Meditation – Claims and Goals

By: Dr. John Ankerberg, Dr. John Weldon; ©2004
Meditation claims to be a positive activity for people to engage in for a variety of self help reasons. But is meditation, in the new age sense, really harmless and helpful? The authors don’t think so.

Meditation – Goals and Claims

The goals of Eastern and occult meditation are to change a person’s view of “self” and the world. In the end, as far as the meditator is concerned, “It lastingly changes his consciousness, transforming his experience of himself and his universe.”[1] Dr. Roger Walsh authored several books on meditation, and he was an editor for the Journal of Transpersonal Psychology. Frances Vaughan is a past president of the Association for Transpersonal Psychology and a psychology professor at the California Institute of Transpersonal Psychology. These two authors describe the impact of meditative practice:

The rewards of meditative practice tend to be subtle at first…. Old assumptions about oneself and the world are gradually surrendered and more finely tuned, comprehensive perspectives begin to emerge.
Such immediate benefits, however, are only tastes of what is potentially a profoundly transformative process, for when practiced intensely, meditation disciplines almost invariably lead into the transpersonal realm of experience…. A progressive sequence of altered states of consciousness can occur, which may ultimately result in the permanent, radical shift in consciousness known as enlightenment or liberation.[2]

Standard meditation texts claim that in our normal state of mind we misperceive and misun­derstand ourselves (our true nature) and our world (its true nature). The purpose of meditation is to correct these false perceptions and to replace them with a true perception of reality, which is mystically induced by the procedures involved. This is why almost all forms of meditation involve the deliberate cultivation of altered states of consciousness and the subsequent development of psychic powers.

These altered states of consciousness, however, are wrongly interpreted; that is, they are viewed as “higher” states of consciousness, presumably divine states, and the psychic powers developed are often seen as the awakening and developing “god-nature” of the individual.

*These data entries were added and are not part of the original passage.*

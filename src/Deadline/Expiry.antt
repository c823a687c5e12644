-- ===== src/Deadline/Expiry.antt =====
-- Which agents `expired` selects, and what a timeout beyond an i64 does.
use prospero.Prelude.{
  ℕ, ◌+◌, ◌-◌, ◌*◌, ◌^◌, ◌/◌, ◌≤◌, ◌<◌, ◌≡◌, ◌↔◌, refl, sym, subst, ap, Bool, true, false, Option,
  none, some, List, [], ◌∷◌, ◌++◌, String, leb, get, In, inl, inr, ◌⊎◌, arith, if◌then◌else◌,
}
use prospero.Model.{Agent, is_terminal}
use prospero.Deadline.{come, passed, expired, i64_max, earlier_by, deadline_at, Overdue}

In-append-left : {A : Type 0} (x : A) (xs ys : List A) → In x xs → In x (xs ++ ys)
In-append-left x [] ys i = elim i [ ]
In-append-left x (y ∷ xs) ys (inl e) = inl e
In-append-left x (y ∷ xs) ys (inr i) = inr (In-append-left x xs ys i)

In-append-right : {A : Type 0} (x : A) (xs ys : List A) → In x ys → In x (xs ++ ys)
In-append-right x [] ys i = i
In-append-right x (y ∷ xs) ys i = inr (In-append-right x xs ys i)

In-append : {A : Type 0} (x : A) (xs ys : List A) → In x (xs ++ ys) → In x xs ⊎ In x ys
In-append x [] ys i = inr i
In-append x (y ∷ xs) ys (inl e) = inl (inl e)
In-append x (y ∷ xs) ys (inr i) = elim (In-append x xs ys i) [ inl j ↦ inl (inr j) | inr j ↦ inr j ]

if-In : {A : Type 0} (b : Bool) (x y : A) → In y (if b then x ∷ [] else []) → (b ≡ true) × (x ≡ y)
if-In true x y (inl e) = (refl, e)
if-In true x y (inr i) = elim i [ ]
if-In false x y i = elim i [ ]

come-In :
    (now : ℕ) (a : Agent) (raw id raw' : String) (o : Option ℕ)
    → In (id, raw') (come now a raw o)
    → (a.id ≡ id) × (raw ≡ raw') × ((at : ℕ) × (o ≡ some at) × (at ≤ now))
unfolding come
come-In now a raw id raw' none i = elim i [ ]
come-In now a raw id raw' (some at) i =
    let (b, e) = if-In (leb at now) (a.id, raw) (id, raw') i in
    (ground (arith, e), ground (arith, e), (at, refl, ground arith))

due : (t at now : ℕ) → some t ≡ some at → at ≤ now → leb t now ≡ true
due t at now e h = ground arith

In-come :
    (now at : ℕ) (a : Agent) (raw : String) (o : Option ℕ)
    → o ≡ some at
    → at ≤ now
    → In (a.id, raw) (come now a raw o)
unfolding come
In-come now at a raw none e h = ground arith
In-come now at a raw (some t) e h = rw (due t at now e h) (inl refl)

passed-In :
    (parse : String → Option ℕ) (now : ℕ) (a : Agent) (o : Option String) (id raw : String)
    → In (id, raw) (passed parse now a o)
    → (a.id ≡ id) × (o ≡ some raw) × ((at : ℕ) × (parse raw ≡ some at) × (at ≤ now))
unfolding passed
passed-In parse now a none id raw i = elim i [ ]
passed-In parse now a (some raw') id raw i =
    let (e, same, (at, p, h)) = come-In now a raw' id raw (parse raw') i in
    (e, ap some same, (at, subst (λ r. parse r ≡ some at) same p, h))

In-passed :
    (parse : String → Option ℕ) (now at : ℕ) (a : Agent) (o : Option String) (id raw : String)
    → a.id ≡ id
    → o ≡ some raw
    → parse raw ≡ some at
    → at ≤ now
    → In (id, raw) (passed parse now a o)
unfolding passed
In-passed parse now at a o id raw e q p h =
    subst (λ x. In (x, raw) (passed parse now a o)) e
      (subst (λ x. In (a.id, raw) (passed parse now a x)) (sym q)
        (In-come now at a raw (parse raw) p h))

In-else :
    {A : Type 0} (b : Bool) (x : A) (xs ys : List A)
    → In x (if b then ys else xs ++ ys)
    → ((b ≡ false) × In x xs) ⊎ In x ys
In-else true x xs ys i = inr i
In-else false x xs ys i = elim (In-append x xs ys i) [ inl j ↦ inl (refl, j) | inr j ↦ inr j ]

else-here :
    {A : Type 0} (b : Bool) (x : A) (xs ys : List A)
    → b ≡ false
    → In x xs
    → In x (if b then ys else xs ++ ys)
else-here true x xs ys e i = ground arith
else-here false x xs ys e i = In-append-left x xs ys i

else-later :
    {A : Type 0} (b : Bool) (x : A) (xs ys : List A) → In x ys → In x (if b then ys else xs ++ ys)
else-later true x xs ys i = i
else-later false x xs ys i = In-append-right x xs ys i

expired_sound :
    (parse : String → Option ℕ) (now : ℕ) (deadlines : List (String × String)) (agents : List Agent)
    (id raw : String)
    → In (id, raw) (expired parse now deadlines agents)
    → (a : Agent) × In a agents × Overdue parse now deadlines id raw a
unfolding expired passed
expired_sound parse now deadlines [] id raw i = elim i [ ]
expired_sound parse now deadlines (a ∷ rest) id raw i =
    elim (In-else (is_terminal a.status) (id, raw) (passed parse now a (get a.id deadlines))
      (expired parse now deadlines rest) i) [
        | inl (live, j) ↦
            let (e, o, at) = passed-In parse now a (get a.id deadlines) id raw j in
            (a, inl refl, (e, live, o, at))
        | inr j ↦ let (b, k, o) = expired_sound parse now deadlines rest id raw j in (b, inr k, o)
      ]

expired_complete :
    (parse : String → Option ℕ) (now : ℕ) (deadlines : List (String × String)) (agents : List Agent)
    (id raw : String) (a : Agent)
    → In a agents
    → Overdue parse now deadlines id raw a
    → In (id, raw) (expired parse now deadlines agents)
unfolding expired passed
expired_complete parse now deadlines [] id raw a i o = elim i [ ]
expired_complete parse now deadlines (b ∷ rest) id raw a (inl e) o =
    subst (λ c. In (id, raw) (expired parse now deadlines (c ∷ rest))) (sym e)
      (else-here (is_terminal a.status) (id, raw) (passed parse now a (get a.id deadlines))
        (expired parse now deadlines rest) o.1
        (In-passed parse now o.3.0 a (get a.id deadlines) id raw o.0 o.2 o.3.1 o.3.2))
expired_complete parse now deadlines (b ∷ rest) id raw a (inr i) o =
    else-later (is_terminal b.status) (id, raw) (passed parse now b (get b.id deadlines))
      (expired parse now deadlines rest) (expired_complete parse now deadlines rest id raw a i o)

-- `expired` selects an id with a deadline exactly when one of the agents has that id, has not stopped, and
-- has that deadline, which can be read and has come.
pub expired_iff :
    (parse : String → Option ℕ) (now : ℕ) (deadlines : List (String × String)) (agents : List Agent)
    (id raw : String)
    → In (id, raw) (expired parse now deadlines agents)
      ↔ ((a : Agent) × In a agents × Overdue parse now deadlines id raw a)
expired_iff parse now deadlines agents id raw = (
  expired_sound parse now deadlines agents id raw,
  λ (a, i, o). expired_complete parse now deadlines agents id raw a i o,
)

-- A timeout of which the u64 is within `i64::MAX / 1000` of `2 ^ 64`, and no further from it in seconds than
-- the start is from the first moment of a DateTime, gives a deadline before the start.
pub huge_timeout :
    (latest started secs : ℕ)
    → secs < 2 ^ 64
    → 2 ^ 64 ≤ secs + i64_max / 1000
    → 1000 * (2 ^ 64 - secs) ≤ started
    → (at : ℕ) × (deadline_at latest started secs ≡ some (some at)) × (at < started)
unfolding deadline_at earlier_by
huge_timeout latest started secs h k l =
    (started - 1000 * (2 ^ 64 - secs), ground arith, omega arith)
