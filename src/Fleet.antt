-- ===== src/Fleet.antt =====
-- crates/core/src/fleet.rs: the emitter, the attach task, and the fleet manager with its poll, its control
-- of agents and its workspaces.
pub mod Emitter
pub mod Attach
pub mod Manager
pub mod Reconcile
pub mod Poll
pub mod Control
pub mod Workspaces
pub mod Changes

For example, yoga meditation, which is typically Hindu, and “mindfulness” meditation, which is typically Buddhist, are powerful forms of meditation designed to radically alter the meditator’s state of consciousness. When practicing them, people have the religious teachings “confirmed” by the occult mental experiences they have. Meditators may become intellectually convinced they are one nature with God or with ultimate reality, with all that this implies. This change of perception can occur not only through cultivating altered states of consciousness but also by meditation-developed psychic abilities, or by meditation-induced spirit contact. And such experi­ences lead to conclusions that are hostile to biblical faith. To believe that we are one essence with God is to undermine the basic Christian doctrines of creation, the atonement, redemption, and personal salvation by faith in Jesus Christ.

If people are already divine, and if they do not yet understand this, then the major issue is personal ignorance requiring the proper knowledge. This is at odds with what the Bible teaches, that the issue is one of personal sin requiring forgiveness through Jesus Christ. If people are divine, they have no need for a Savior from sin. Yet in the Bible we read, “For all have sinned and fall short of the glory of God” (Romans 3:23). “For God so loved the world that he gave his one and only Son, that whoever believes in him shall not perish but have eternal life” (John 3:16). Eastern and occult meditation denies biblical teaching by assuming that we are one essence with God and have no need to seek a God outside ourselves.

Because Eastern and occult meditation confirms occult beliefs and denies biblical beliefs, we often suspect the presence of demonic involvement through meditation-induced altered states of consciousness. Most of our subsequent discussion will document this.

Notes

  1. Daniel Goleman, The Varieties of the Meditative Experience (New York: E. P. Dutton, 1977), p. 118.
  2. Roger N. Walsh, Frances Vaughan, eds., Beyond Ego: Transpersonal Dimensions in Psychology (Los Angeles, CA: J. P. Tarcher, 1980), pp. 136-137.